I like the premise spray of permethrin. Easy to use and it being wet it gets in all the cracks and crevices.


----------



## Poultry Judge (Jul 15, 2020)

Yes, and you can buy the spray pre-mixed or buy the concentrate and mix your spray bottles yourself.


----------



## Poultry Judge (Jul 15, 2020)

Yesterday morning, I added some new roosts to my coop, so I cleaned out all the hay. The floor of the coop is a ten inch raised platform of poplar boards twelve inches high with one-eighth inch gas between the boards. After I swept it out, I lightly dusted the bare floor with Sevin and then put in all new hay. Tomorrow, I will throw a few handfuls of diatomaceous earth in also. This summer has been bad for insects in Ohio, but so far no mites with the birds.


----------



## dawg53 (Aug 25, 2015)

I used to be a proponent of Sevin dust until I used it several years ago for a minor lice issue. The bottom line is that it did not take care of the lice problem which shocked me.
I switched to Permethrin dust and bye bye lice.
I suspect that there are certain areas in the country that Sevin dust has played itself out and lice have become resistant to the product.
BTW: I havnt seen Sevin 10 dust in years.
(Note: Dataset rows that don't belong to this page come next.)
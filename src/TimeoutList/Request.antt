-- ===== src/TimeoutList/Request.antt =====
-- `request` puts an entry into the queue by its timeout, and `trigger` reads the queue's head.
use mathlib.Core.Path.{subst}
use nre.Base.{
  ℕ, zero, suc, ◌≤◌, ◌<◌, ◌≡◌, ◌≢◌, refl, sym, ap, arith, Bool, Option, none, some, List, [], ◌∷◌,
  ◌++◌, All, Apart, Distinct, Distinct-insert, Distinct-middle, Distinct-append, All-append_iff,
  All-map, All-map₂, update, ltb, ◌==◌, inl, inr, append-nil, length, Bool-cases, if_intro,
}
use nre.TimeoutList.{TimeoutList, never, cancel, timeout, seek, link_before, request, trigger}
use nre.TimeoutList.Links.{Chain, Chain-append, Chain-split, Chain-bend, Chain-frame, before_end}
use nre.TimeoutList.Queue.{Holds, Sorted, without, enqueue, Apart-without, length-without-le}
use nre.TimeoutList.Cancel.{cancel_refines}

abbrev pub first_or : List ℕ → ℕ → ℕ
first_or [] d = d
first_or (y ∷ ys) d = y

-- Where the search stops: `xs` are due before `to`, and `ys` begins with the entry it stops at.
record Stops (t : TimeoutList) (to nr : ℕ) (qs : List ℕ) (found : Option ℕ) : Type 0 where
  xs : List ℕ
  ys : List ℕ
  whole : qs ≡ xs ++ ys
  stop : found ≡ some (first_or ys 0)
  placed : enqueue t.timeout_of nr to qs ≡ xs ++ nr ∷ ys
  before : All (λ x. t.timeout_of x ≤ to) xs
  after : All (λ y. to ≤ t.timeout_of y) ys

seek-Stops :
    (t : TimeoutList) (to nr : ℕ) (fuel a : ℕ) (qs : List ℕ)
    → Chain t.next t.prev a qs 0
    → Sorted t.timeout_of qs
    → t.timeout_of 0 ≡ never
    → to ≤ never
    → length qs < fuel
    → Stops t to nr qs (seek fuel t to a)
unfolding seek enqueue
seek-Stops t to nr zero a qs c s last bound enough = absurd (omega arith)
seek-Stops t to nr (suc fuel) a [] c s last bound enough = record {
  xs = [];
  ys = [];
  whole = refl;
  stop = rw c.0 (ground arith);
  placed = refl;
  before = tt;
  after = tt;
}
seek-Stops t to nr (suc fuel) a (x ∷ qs) c s last bound enough =
    elim (Bool-cases (ltb (t.timeout_of x) to)) [
      | inl early ↦
          let r = seek-Stops t to nr fuel x qs c.2 s.1 last bound (omega arith) in
          record {
            xs = x ∷ r.xs;
            ys = r.ys;
            whole = ap (λ (l : List ℕ). x ∷ l) r.whole;
            stop = rw (c.0, early) r.stop;
            placed = rw (early, r.placed) refl;
            before = (ground arith, r.before);
            after = r.after;
          }
      | inr late ↦ record {
        xs = [];
        ys = x ∷ qs;
        whole = refl;
        stop = rw (c.0, late) refl;
        placed = rw late refl;
        before = tt;
        after = (ground arith, All-map qs (λ y h. ground arith) s.0);
      }
    ]

-- The arrays after the entry `nr` was linked in before `at`.
abbrev next_with : TimeoutList → ℕ → ℕ → ℕ → ℕ
next_with t nr at = update (update t.next nr at) (t.prev at) nr

abbrev prev_with : TimeoutList → ℕ → ℕ → ℕ → ℕ
prev_with t nr at = update (update t.prev nr (t.prev at)) at nr

link_before-eq :
    (t : TimeoutList) (nr to at : ℕ)
    → nr ≢ at
    → link_before t nr to at ≡ record t {
      timeout_of = update t.timeout_of nr to;
      next = next_with t nr at;
      prev = prev_with t nr at;
    }
unfolding link_before
link_before-eq t nr to at ne =
    let same : update t.prev nr (t.prev at) at ≡ t.prev at = ground arith in rw same refl

module _ (t : TimeoutList) (nr : ℕ) (nz : nr ≢ 0) (xs : List ℕ) where
  paste :
      (ys : List ℕ)
      → Distinct (0 ∷ (xs ++ ys))
      → Apart nr (xs ++ ys)
      → Chain t.next t.prev 0 (xs ++ ys) 0
      → Chain (next_with t nr (first_or ys 0)) (prev_with t nr (first_or ys 0)) 0 (xs ++ nr ∷ ys) 0
  paste [] d apart c =
      let c1 : Chain t.next t.prev 0 xs 0 =
        subst (λ l. Chain t.next t.prev 0 l 0) (append-nil xs) c in
      let d1 : Distinct (0 ∷ xs) = subst (λ l. Distinct (0 ∷ l)) (append-nil xs) d in
      let a1 : Apart nr xs = subst (Apart nr) (append-nil xs) apart in
      let p_ne : t.prev 0 ≢ nr =
        before_end t.next t.prev (λ z. z ≢ nr) 0 xs 0 c1 (λ e. nz (sym e)) a1 in
      Chain-append (next_with t nr 0) (prev_with t nr 0) 0 xs nr [] 0
        (Chain-bend t.next t.prev (next_with t nr 0) (prev_with t nr 0) 0 xs 0 nr d1 (ground arith)
          (ground arith) ((λ ne. ground arith), All-map xs (λ x x_ne ne. ground arith) a1)
          (All-map₂ xs (λ x x_ne x_nz. ground arith) a1 d1.0) c1)
        (ground arith, ground arith)
  paste (y ∷ ys) d apart c =
      let (c1, c2) = Chain-split t.next t.prev 0 xs y ys 0 c in
      let parts = Distinct-append xs (y ∷ ys) d.1 in
      let zero = (All-append_iff (λ z. z ≢ 0) xs (y ∷ ys)).0 d.0 in
      let new = (All-append_iff (λ z. z ≢ nr) xs (y ∷ ys)).0 apart in
      let mid = Distinct-middle xs ys y d.1 in
      let p_ne : t.prev y ≢ nr =
        before_end t.next t.prev (λ z. z ≢ nr) 0 xs y c1 (λ e. nz (sym e)) new.0 in
      let p_apart : Apart (t.prev y) (y ∷ ys) =
        before_end t.next t.prev (λ z. Apart z (y ∷ ys)) 0 xs y c1 zero.1
          (All-map xs (λ x h. h) parts.0) in
      let others : All (λ x. (x ≢ nr) × (x ≢ t.prev y)) ys =
        All-map₂ ys (λ x h k. (h, k)) new.1.1 p_apart.1 in
      Chain-append (next_with t nr y) (prev_with t nr y) 0 xs nr (y ∷ ys) 0
        (Chain-bend t.next t.prev (next_with t nr y) (prev_with t nr y) 0 xs y nr (zero.0, parts.1)
          (ground arith) (ground arith)
          ((λ ne. ground arith), All-map xs (λ x x_ne ne. ground arith) new.0)
          (All-map₂ xs (λ x x_ne x_y. ground arith) new.0 mid.0) c1)
        (
          ground arith,
          ground arith,
          Chain-frame t.next t.prev (next_with t nr y) (prev_with t nr y) y ys 0 (ground arith)
              (ground arith) (All-map₂ ys (λ x h k. (ground arith, ground arith)) others mid.1) c2,
        )

Sorted-insert :
    (tm : ℕ → ℕ) (nr to : ℕ) (xs ys : List ℕ)
    → Sorted tm (xs ++ ys)
    → Apart nr (xs ++ ys)
    → All (λ x. tm x ≤ to) xs
    → All (λ y. to ≤ tm y) ys
    → Sorted (update tm nr to) (xs ++ nr ∷ ys)
Sorted-insert tm nr to [] ys s a h k =
    (All-map₂ ys (λ y le ne. ground arith) k a, Sorted-frame ys s a)
  where
    Sorted-frame : (l : List ℕ) → Sorted tm l → Apart nr l → Sorted (update tm nr to) l
    Sorted-frame [] s a = tt
    Sorted-frame (x ∷ l) s a =
        (All-map₂ l (λ y le ne. ground arith) s.0 a.1, Sorted-frame l s.1 a.1)
Sorted-insert tm nr to (x ∷ xs) ys s a h k =
    let le = (All-append_iff (λ z. tm x ≤ tm z) xs ys).0 s.0 in
    let ne = (All-append_iff (λ z. z ≢ nr) xs ys).0 a.1 in
    (
      (All-append_iff (λ z. update tm nr to x ≤ update tm nr to z) xs (nr ∷ ys)).1 (
        All-map₂ xs (λ z p q. ground arith) le.0 ne.0,
        (ground arith, All-map₂ ys (λ z p q. ground arith) le.1 ne.1),
      ),
      Sorted-insert tm nr to xs ys s.1 a.1 h.1 k,
    )

prev_stop :
    (t : TimeoutList) (P : ℕ → Type 0) (xs ys : List ℕ)
    → Chain t.next t.prev 0 (xs ++ ys) 0
    → P 0
    → All P xs
    → P (t.prev (first_or ys 0))
prev_stop t P xs [] c z h =
    before_end t.next t.prev P 0 xs 0 (subst (λ l. Chain t.next t.prev 0 l 0) (append-nil xs) c) z h
prev_stop t P xs (y ∷ ys) c z h =
    before_end t.next t.prev P 0 xs y (Chain-split t.next t.prev 0 xs y ys 0 c).0 z h

first_or-All : (P : ℕ → Type 0) (ys : List ℕ) (d : ℕ) → P d → All P ys → P (first_or ys d)
first_or-All P [] d p h = p
first_or-All P (y ∷ ys) d p h = h.0

module _ (t : TimeoutList) (nr to : ℕ) (nz : nr ≢ 0) (xs ys : List ℕ) (v : Holds t (xs ++ ys))
    (apart : Apart nr (xs ++ ys)) where
  alone-with :
      (x : ℕ)
      → x ≢ 0
      → Apart x (xs ++ nr ∷ ys)
      → (next_with t nr (first_or ys 0) x ≡ x) × (prev_with t nr (first_or ys 0) x ≡ x)
  alone-with x x_nz h =
      let parts = (All-append_iff (λ z. z ≢ x) xs (nr ∷ ys)).0 h in
      let z_ne : 0 ≢ x = λ e. x_nz (sym e) in
      let p_ne = prev_stop t (λ z. z ≢ x) xs ys v.chain z_ne parts.0 in
      let at_ne = first_or-All (λ z. z ≢ x) ys 0 z_ne parts.1.1 in
      let nr_ne = parts.1.0 in
      let self = v.alone x x_nz ((All-append_iff (λ z. z ≢ x) xs ys).1 (parts.0, parts.1.1)) in
      (ground (arith, self), ground (arith, self))

  link_before-Holds :
      to ≤ never
      → All (λ x. t.timeout_of x ≤ to) xs
      → All (λ y. to ≤ t.timeout_of y) ys
      → Holds (link_before t nr to (first_or ys 0)) (xs ++ nr ∷ ys)
  link_before-Holds bound h k =
      let parts = (All-append_iff (λ z. z ≢ nr) xs ys).0 apart in
      let zero = (All-append_iff (λ z. z ≢ 0) xs ys).0 v.distinct.0 in
      let le = (All-append_iff (λ x. t.timeout_of x ≤ never) xs ys).0 v.bounded in
      let at_ne : nr ≢ first_or ys 0 =
        first_or-All (λ z. nr ≢ z) ys 0 nz (All-map ys (λ x ne e. ne (sym e)) parts.1) in
      rw (link_before-eq t nr to (first_or ys 0) at_ne) (record {
        chain = paste t nr nz xs ys v.distinct apart v.chain;
        distinct = (
          (All-append_iff (λ z. z ≢ 0) xs (nr ∷ ys)).1 (zero.0, (nz, zero.1)),
          Distinct-insert xs ys nr parts.0 parts.1 v.distinct.1,
        );
        alone = alone-with;
        sorted = Sorted-insert t.timeout_of nr to xs ys v.sorted apart h k;
        bounded = (All-append_iff (λ x. update t.timeout_of nr to x ≤ never) xs (nr ∷ ys)).1 (
          All-map₂ xs (λ z p q. ground arith) le.0 parts.0,
          (ground arith, All-map₂ ys (λ z p q. ground arith) le.1 parts.1),
        );
        last = let l = v.last in ground (arith, l);
      })

timeout_of-cancel : (t : TimeoutList) (nr : ℕ) → (cancel t nr).1.timeout_of ≡ t.timeout_of
unfolding cancel
timeout_of-cancel t nr =
    if_intro (λ (r : Bool × TimeoutList). r.1.timeout_of ≡ t.timeout_of) (t.next nr == nr)
      (λ e. refl) (λ e. refl)

-- Searching a list that does not queue `nr` and linking `nr` in where the search stops.
Linked : TimeoutList → ℕ → ℕ → ℕ → List ℕ → (ℕ → ℕ) → Type 0
Linked t fuel nr to rest tm =
    (at : ℕ) × (seek fuel t to 0 ≡ some at)
    × Holds (link_before t nr to at) (enqueue tm nr to rest)
    × ((link_before t nr to at).timeout_of ≡ update tm nr to)

link_rest :
    (t : TimeoutList) (fuel nr to : ℕ) (rest : List ℕ)
    → nr ≢ 0
    → to ≤ never
    → length rest < fuel
    → Apart nr rest
    → Holds t rest
    → Linked t fuel nr to rest t.timeout_of
unfolding link_before Linked
link_rest t fuel nr to rest nz bound enough apart v =
    let r = seek-Stops t to nr fuel 0 rest v.chain v.sorted v.last bound enough in
    let a = subst (Apart nr) r.whole apart in
    let v' = subst (Holds t) r.whole v in
    let put = link_before-Holds t nr to nz r.xs r.ys v' a bound r.before r.after in
    (
      first_or r.ys 0,
      r.stop,
      subst (Holds (link_before t nr to (first_or r.ys 0))) (sym r.placed) put,
      refl,
    )

-- For a list that queues `qs`, a slot `nr` other than 0, a 64-bit timeout and more fuel than queued
-- entries: `request` ends, the list then queues the entry before the first other one that is not due
-- earlier, with the timeout asked for and all other timeouts as they were, and the result tells
-- whether the earliest timeout stayed the same.
pub request_refines :
    (fuel : ℕ) (t : TimeoutList) (nr to : ℕ) (qs : List ℕ)
    → nr ≢ 0
    → to ≤ never
    → length qs < fuel
    → Holds t qs
    → (t' : TimeoutList) × (request fuel t nr to ≡ some (timeout t' == timeout t, t'))
      × Holds t' (enqueue t.timeout_of nr to (without nr qs))
      × (t'.timeout_of ≡ update t.timeout_of nr to)
unfolding request Linked
request_refines fuel t nr to qs nz bound enough v =
    let t₁ = (cancel t nr).1 in
    let rest = without nr qs in
    let found =
      link_rest t₁ fuel nr to rest nz bound (omega (arith, length-without-le nr qs))
        (Apart-without nr qs v.distinct.1) (cancel_refines t nr qs nz v).1 in
    let (at, stop, holds, times) =
      subst (Linked t₁ fuel nr to rest) (timeout_of-cancel t nr) found in
    (link_before t₁ nr to at, rw (stop, request) refl, holds, times)

-- For a list that queues `qs`, `trigger` returns the first entry with its data once its timeout has
-- come, and no queued entry is due before it; with nothing due it returns 0.
pub trigger_refines :
    (t : TimeoutList) (now : ℕ) (q : ℕ) (qs : List ℕ)
    → Holds t (q ∷ qs)
    → (t.timeout_of q ≤ now → trigger t now ≡ (q, some (t.data_of q)))
      × (now < t.timeout_of q → trigger t now ≡ (0, none))
      × All (λ x. timeout t ≤ t.timeout_of x) (q ∷ qs)
unfolding trigger timeout
trigger_refines t now q qs v =
    let c = v.chain.0 in
    (
      λ h. rw c (ground arith),
      λ h. rw c (ground arith),
      subst (λ z. All (λ x. t.timeout_of z ≤ t.timeout_of x) (q ∷ qs)) (sym c)
          (omega arith, v.sorted.0),
    )
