-- ===== src/Project2/Held.antt =====
-- The calls of Project 2/userprog/syscall.c once LOCK is held by the caller.
use mathlib.Core.Bool.{false≢true}
use comp_sys_pint_os.Base.{ℕ, ◌≡◌, refl, Bool, true, false, panic}
use comp_sys_pint_os.Platform.{Platform}
use comp_sys_pint_os.Project2.{Machine, Process, validaddr, valid_name, acquire}
use comp_sys_pint_os.Project2.Calls.{
  Number, sys_create, sys_remove, sys_open, sys_filesize, sys_read, sys_write, sys_seek, sys_tell,
  sys_halt, sys_exit, sys_exec, sys_wait, sys_other, syscall_handler,
}
use comp_sys_pint_os.Project2.Locked.{args_of}

module _ {W : Type 0} (m : Machine W) (pf : Platform) where
  -- The calls that go on to take LOCK.
  unfoldable pub takes_lock : Number → (ℕ → ℕ) → Process W → Bool
  takes_lock sys_create arg s = valid_name m pf (arg 0) s
  takes_lock sys_remove arg s = valid_name m pf (arg 0) s
  takes_lock sys_open arg s = valid_name m pf (arg 0) s
  takes_lock sys_filesize arg s = true
  takes_lock sys_read arg s = validaddr m pf (arg 1) (arg 2)
  takes_lock sys_write arg s = validaddr m pf (arg 1) (arg 2)
  takes_lock sys_seek arg s = true
  takes_lock sys_tell arg s = true
  takes_lock number arg s = false

  -- While the caller holds LOCK, every call on files panics the kernel: `create`, `remove` and `open` of
  -- a name that passes the check, `read` and `write` of a buffer that does, and `filesize`, `seek` and
  -- `tell`.
  pub syscall_handler_panics :
      (number : Number) (esp : ℕ) (uninitialised : ℕ → ℕ) (s : Process W)
      → s.lock ≡ true
      → takes_lock number (args_of m pf esp uninitialised s) s ≡ true
      → syscall_handler m pf number esp uninitialised s ≡ panic
  unfolding syscall_handler takes_lock acquire
  syscall_handler_panics sys_create esp un s h t = rw (t, h) refl
  syscall_handler_panics sys_remove esp un s h t = rw (t, h) refl
  syscall_handler_panics sys_open esp un s h t = rw (t, h) refl
  syscall_handler_panics sys_filesize esp un s h t = rw h refl
  syscall_handler_panics sys_read esp un s h t = rw (t, h) refl
  syscall_handler_panics sys_write esp un s h t = rw (t, h) refl
  syscall_handler_panics sys_seek esp un s h t = rw h refl
  syscall_handler_panics sys_tell esp un s h t = rw h refl
  syscall_handler_panics sys_halt esp un s h t = absurd (false≢true t)
  syscall_handler_panics sys_exit esp un s h t = absurd (false≢true t)
  syscall_handler_panics sys_exec esp un s h t = absurd (false≢true t)
  syscall_handler_panics sys_wait esp un s h t = absurd (false≢true t)
  syscall_handler_panics sys_other esp un s h t = absurd (false≢true t)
I believe it's been taken off the market.


----------



## Poultry Judge (Jul 15, 2020)

We use Permethrin consistently in the horse barn with fairly good results. We also use a natural product from Spalding Labs called Fly Predator to help with fly control.


----------



## robin416 (Sep 8, 2013)

Are those the predator wasps?


----------



## Poultry Judge (Jul 15, 2020)

Yes, we have used them for over ten years with good results in the horse barn. They recommend not spreading them directly near poultry as the birds will gobble them all up before they can destroy any flies!


----------



## robin416 (Sep 8, 2013)

I've got those black ones here but I haven't looked to see if they specifically go after flies. I watched one one day digging a hole to bury it's catch. Bad thing about where it was digging was it's the pathway to the Guinea pen so I don't know if a baby wasp ever emerged.

Now that I think about it, I almost got some of those. I never gave it a thought about the birds going after them. Glad I didn't waste the money now.


----------